Und wenn es nun eine Antwort auf die Frage gibt, wer von einer Pandemie profitiert, dann ist es diese: Ich.
Ich verdanke meine Existenz der Spanischen Grippe. In der derzeit beliebten Serie »Dark« könnte jemand zurückreisen ins Jahr 1918, den frisch an Grippe Erkrankten ein paar Tamiflu verabreichen, sie überlebten, und ich wäre nie geboren worden.
Ich habe meine Existenz der Spanischen Grippe zu verdanken. Ich bin Gewinner der Pandemie.

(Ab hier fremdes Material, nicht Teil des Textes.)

-- ===== src/Bitcask/Invariant.antt =====
-- bitcask/main.go: what the index promises of the files, and that every operation keeps it.
use design_pocs.Common.{
  ℕ, ◌^◌, ◌<◌, ◌≡◌, ◌∙◌, sym, ap, Option, some, [], List, arith, Bool-cases, inl, inr, Bytes,
  bytes_eq, bytes_key, bytes_eq_iff, length, lookup, insert, remove, lookup-insert, lookup-remove,
  u32,
}
use design_pocs.Bitcask.Record.{encode_entry}
use design_pocs.Bitcask.Store.{
  FilePath, KeyDirEntry, BitCask, new, PutIo, PutError, path_key, put, delete,
}
use design_pocs.Bitcask.Kept.{Handles, Kept, put_flag-Keeps}
use design_pocs.Bitcask.Written.{Written, Written-Kept, PutTo, stopped, stored, put_flag-PutTo}

-- The entry of a key is a live record of that key in an open file, and will not be overwritten.
pub record Stored (s : BitCask) (key : Bytes) (e : KeyDirEntry) (v : Bytes) : Type 0 where
  pub timestamp : ℕ
  pub key_fits : length key < 2 ^ 32
  pub value_fits : length v < 2 ^ 32
  pub sized : e.value_size ≡ length v
  pub written : Written s e.file_path e.file_entry_offset (encode_entry timestamp key v 0)

-- What the index says of a key: the value that it stands for, or that the key is absent.
pub record Inv (s : BitCask) : Type 0 where
  pub handles : Handles s
  pub indexed :
      (key : Bytes) (e : KeyDirEntry)
      → lookup key s.key_dir ≡ some e
      → (v : Bytes) × Stored s key e v

pub Stored-Kept :
    {s t : BitCask} {key v : Bytes} {e : KeyDirEntry}
    → Kept s t
    → Stored s key e v
    → Stored t key e v
Stored-Kept k st = record {
  timestamp = st.timestamp;
  key_fits = st.key_fits;
  value_fits = st.value_fits;
  sized = st.sized;
  written = Written-Kept k st.written;
}

-- A new store satisfies it, whatever is in the directory.
pub new-Inv : (disk : List (FilePath × Bytes)) → Inv (new disk)
unfolding lookup
new-Inv disk = record { handles = record { named = λ p h e. cc }; indexed = λ key e found. cc }

pub u32_small : (n : ℕ) → n < 2 ^ 32 → u32 n ≡ n
u32_small n h = omega arith

-- The index entry that a put makes.
abbrev pub fresh_entry : Bytes → FilePath → ℕ → KeyDirEntry
fresh_entry value path offset = record {
  file_path = path;
  file_entry_offset = offset;
  value_size = u32 (length value);
}

module _ (key value : Bytes) (io : PutIo) where
  pub fresh_entry-Stored :
      (t : BitCask) (path : FilePath) (offset : ℕ)
      → length key < 2 ^ 32
      → length value < 2 ^ 32
      → Written t path offset (encode_entry io.now key value 0)
      → Stored t key (fresh_entry value path offset) value
  fresh_entry-Stored t path offset kf vf written = record {
    timestamp = io.now;
    key_fits = kf;
    value_fits = vf;
    sized = u32_small (length value) vf;
    written = written;
  }

  -- The index after a put: the new entry at its key, and the old one everywhere else.
  put-indexed :
      (s t : BitCask) {r : Option PutError}
      → length key < 2 ^ 32
      → length value < 2 ^ 32
      → Inv s
      → Kept s t
      → PutTo key value 0 io s t r
      → (j : Bytes) (e : KeyDirEntry) → lookup j t.key_dir ≡ some e
      → (v : Bytes) × Stored t j e v
  put-indexed s t kf vf inv kept (stopped same error) j e found =
      let (v, st) = inv.indexed j e (ap (lookup j) (sym same) ∙ found) in (v, Stored-Kept kept st)
  put-indexed s t kf vf inv kept (stored path offset dir written) j e found =
      let E = fresh_entry value path offset in
      let found' : lookup j (insert key E s.key_dir) ≡ some e = ap (lookup j) (sym dir) ∙ found in
      elim (Bool-cases (bytes_eq key j)) [
        | inl same ↦
            let same_key : key ≡ j = (bytes_eq_iff key j).0 same in
            let same_entry : E ≡ e = ground (arith, lookup-insert key j E s.key_dir) in
            (value, rw (← same_key, ← same_entry) (fresh_entry-Stored t path offset kf vf written))
        | inr other ↦
            let old : lookup j s.key_dir ≡ some e =
              ground (arith, lookup-insert key j E s.key_dir) in
            let (v, st) = inv.indexed j e old in (v, Stored-Kept kept st)
      ]

  delete-indexed :
      (s t : BitCask) {r : Option PutError}
      → Inv s
      → Kept s t
      → PutTo key value 1 io s t r
      → (j : Bytes) (e : KeyDirEntry) → lookup j t.key_dir ≡ some e
      → (v : Bytes) × Stored t j e v
  delete-indexed s t inv kept (stopped same error) j e found =
      let (v, st) = inv.indexed j e (ap (lookup j) (sym same) ∙ found) in (v, Stored-Kept kept st)
  delete-indexed s t inv kept (stored path offset dir written) j e found =
      let found' : lookup j (remove key s.key_dir) ≡ some e = ap (lookup j) (sym dir) ∙ found in
      let old : lookup j s.key_dir ≡ some e = ground (arith, lookup-remove key j s.key_dir) in
      let (v, st) = inv.indexed j e old in (v, Stored-Kept kept st)

-- Put of a key and a value shorter than 2 ^ 32 bytes keeps the invariant that every index entry points at
-- a live, intact and settled record of its key, whatever the system answers and whether or not Put
-- returns an error.
pub put-Inv :
    (key value : Bytes) (io : PutIo) (s : BitCask)
    → length key < 2 ^ 32
    → length value < 2 ^ 32
    → Inv s
    → Inv (put key value io s).0
put-Inv key value io s kf vf inv =
    let (kept, handles) = (put_flag-Keeps key value 0 io).at s inv.handles in
    record {
      handles = handles;
      indexed =
          put-indexed key value io s (put key value io s).0 kf vf inv kept
            (put_flag-PutTo key value 0 io s inv.handles);
    }

-- So does Delete.
pub delete-Inv : (key : Bytes) (io : PutIo) (s : BitCask) → Inv s → Inv (delete key io s).0
delete-Inv key io s inv =
    let (kept, handles) = (put_flag-Keeps key [] 1 io).at s inv.handles in
    record {
      handles = handles;
      indexed =
          delete-indexed key [] io s (delete key io s).0 inv kept
            (put_flag-PutTo key [] 1 io s inv.handles);
    }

Ich bin Bill Gates.
Oder nehmen wir Frederick Trump, geboren als Friedrich Trump im pfälzischen Kallstadt, 1885 mit 16 Jahren in die USA emigriert. Er befand sich 1918 gerade auf einem Spaziergang mit seinem Sohn Fred Jr. im New Yorker Stadtteil Queens, als er sich plötzlich unwohl fühlte und einen Tag später verstarb. Was, wenn die beiden sich gerade gestritten hatten und Frederick Senior seinen unverständigen Sohn gleich am nächsten Tag enterben wollte und nur die Grippe schneller war? Was, wenn Frederick Trump die Grippe überlebt und sich später verspekuliert hätte und die Familie in Armut gestorben wäre? Sicher ist nur eins: Die Geschichte kam, wie sie kam, und Donald Trump ist, wer er ist, weil Frederick Trump Senior am 30. Mai 1918 an den Folgen der Spanischen Grippe starb. Donald Trump ist, wenn man so will, ein Pandemiegewinner.
Donald Trump ist Bill Gates.
Ich bin Bill Gates.
Ich bin Donald Tr… nein, irgendwo hat jede Pandemie auch ein Ende.
Fredrick Trump Senior machte im Übrigen sein erstes Geld mit einem gut laufenden Restaurant in Seattle. Na, klingelt’s? Wo lebt Bill Gates? Und mein Großvater stammte aus dem heutigen Bielefeld, das auch in keiner anständigen Verschwörungstheorie fehlen darf. Wie hängt das alles zusammen? Ich glaube, Ken Jebsen hat noch viel Aufklärungsarbeit zu leisten.